Case 2: If I have multiple application deployed in a machine each using log4net.dll is this the reason enough to deploy log4net.dll into GAC?


Solution 1:

Question: When should I deploy my assemblies into the GAC?

Answer: Never

Actual, honest, Real Answer: Hardly Ever

Discussion

Only drop things into the GAC when multiple apps on the machine will use the assembly, and when the assembly is foundational (likely to be used by multiple apps), when it is signed, and when you expect to almost never update that assembly. Maybe add into that, when having multiple independent versions of a DLL deployed with each application would actually be harmful.

An example of the latter is: suppose you have 2 independent applications, independently developed and independently deployed. Nevertheless, there is a possibbility that they will inter-communicate. They will exchange ... something... over .NET Remoting on the local machine. If you have a single assembly in the GAC, these apps are assured that the inter-communication will just work. If, however, they each have a separate version of an assembly, they may not be able to exchange objects. This is such a rare occurrence that you probably don't need it. If you're not sure, then you don't need it.


The base GAC scenario is the .NET Base Class Library. These assemblies are shipped by Microsoft. They are authoritative. They are foundational. and signed. They rarely change. All apps should use the same copies of those DLLs. Therefore, they belong in the GAC.

In contrast, your application DLLs are not from Microsoft, they are not foundational, and probably not signed. They change more often, and there are only few apps (maybe only one!) that use each DLL. No GAC.
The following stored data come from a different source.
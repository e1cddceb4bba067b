-- ===== src/Api/Workers.antt =====
-- internal/api/server.go: the handlers of /workers and of a worker's heartbeats and lease renewals.
-- A handler takes the readings of the clock that its calls make, and gives the response with the
-- scheduler as it left it.
use job_raft.Scheduler.Complete.{renew_task_lease}
use job_raft.Scheduler.Workers.{register_worker, heartbeat}
use job_raft.Task.{Task}
use job_raft.Store.{ok, err, Worker, Result, Store}
use job_raft.Base.{
  split_slash, trim_prefix, ℕ, inl, inr, String, not, ◌&&◌, Option, none, some, List, [], ◌∷◌, ◌==◌,
  if◌then◌else◌,
}
use job_raft.Scheduler.Workers.{workers}
use job_raft.Api.{
  task, worker, failed_with, failed_text, not_found_response, live_workers, only_status, write_json,
  Request, Library, Response,
}
use job_raft.Scheduler.{Scheduler}

-- `strings.TrimPrefix(r.URL.EscapedPath(), "/workers/")`
abbrev pub after_workers : Request → String
after_workers r = trim_prefix r.escaped_path "/workers/"

-- The worker's identifier in the path /workers/{id}/tasks/renew, still escaped.
unfoldable pub renew_target : List String → Option String
renew_target (id ∷ tasks ∷ renew ∷ []) =
    if tasks == "tasks" && renew == "renew" then some id else none
renew_target _ = none

-- An identifier from the path; an empty one is none.
unfoldable pub path_id : Library → String → Option String
path_id lib escaped = elim (lib.path_unescape escaped) [
  | none ↦ none
  | some id ↦ if id == "" then none else some id
]

module _ {S : Type 0} where
  -- The answer to a call: the good code, or the bad one.
  abbrev pub worker_reply : ℕ → ℕ → Result Worker × Scheduler S → Response × Scheduler S
  worker_reply good bad (err e, s) = (failed_with bad e, s)
  worker_reply good bad (ok w, s) = (write_json good (worker w), s)

  abbrev pub renewed_reply : Result Task × Scheduler S → Response × Scheduler S
  renewed_reply (err e, s) = (failed_with 409 e, s)
  renewed_reply (ok t, s) = (write_json 200 (task t), s)

module _ {S : Type 0} (lib : Library) (api : Store S) where
  unfoldable pub list_or_register_workers : ℕ → Request → Scheduler S → Response × Scheduler S
  list_or_register_workers now r s =
      if r.method == "GET"
      then (write_json 200 (live_workers (workers api now s)), s)
      else if not (r.method == "POST")
      then (only_status 405, s)
      else elim (lib.decode_id r.body) [
        | inl problem ↦ (failed_text 400 problem, s)
        | inr id ↦ worker_reply 201 400 (register_worker api now id s)
      ]

  -- `workerRenew`, with the readings that `RenewTaskLease` makes.
  unfoldable pub worker_renew : ℕ → ℕ → Request → Scheduler S → Response × Scheduler S
  worker_renew now now_until r s =
      if not (r.method == "POST")
      then (only_status 405, s)
      else elim (renew_target (split_slash (after_workers r))) [
        | none ↦ (not_found_response, s)
        | some escaped ↦ elim (path_id lib escaped) [
          | none ↦ (not_found_response, s)
          | some id ↦ elim (lib.decode_lease_token r.body) [
            | inl problem ↦ (failed_text 400 problem, s)
            | inr lease_token ↦
                renewed_reply (renew_task_lease api now now_until id (r.query "task") lease_token s)
          ]
        ]
      ]

  -- The last part of `workerHeartbeat`, where the path ends in neither /claim nor /renew.
  unfoldable pub beat : ℕ → Request → Scheduler S → Response × Scheduler S
  beat now r s =
      if not (r.method == "POST")
      then (only_status 405, s)
      else elim (path_id lib (after_workers r)) [
        | none ↦ (not_found_response, s)
        | some id ↦ worker_reply 200 404 (heartbeat api now id s)
      ]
I could imagine a hardware device, let's say a digital camera, that installs a .NET assembly to allow programmability. That's a scenario where the assembly might fit well into the GAC. It allows arbitrary .NET apps to access the digital camera programmatically.


Your log4net example is not, in my opinion, enough to justify putting the assembly in the GAC. Imagine the scenario where one of the apps gets an update, and as part of the update it uses a new version of log4net. Now what? Should the new log4net assembly be placed into the GAC? Probably not.

The whole idea of sharing DLLs across applications was rooted in the premise that memory and disk storage was scarce. Once upon a time, that was true. It is not true, any longer. When in doubt, don't use the GAC.

Solution 2:

the log4net.dll has a size of 95KB. even if you deploy it a 100 times it wouldn't really matter with todays harddisks. i try to avoid the GAC wherever possible for several reasons:

  • it makes deployment harder, you have to tell the installer what to put into the GAC. i like the possibility to create simple xcopy setups (copy a dir to install, delete it to uninstall). because that's simple - but it doesn't work so well as soon as you have to put things into the GAC.
  • you have to sign your assemblies. only to get them into the GAC....
  • as soon as a developer references something from the GAC in his visual studio project, the reference will be lost when another developer opens the solution on his pc. he'll first have to get the required assemblies into the GAC before he can successfully open and compile the solution. that's a real PITA. i want to be able to checkout, compile and run without errors.

Solution 3:

The only sort of assembly you should consider putting into the GAC is a mature and stable assembly. In the case of log4net, if you're happy that the version you have is stable, mature, and you're not likely to change that version anytime soon, feel free to put it in the GAC.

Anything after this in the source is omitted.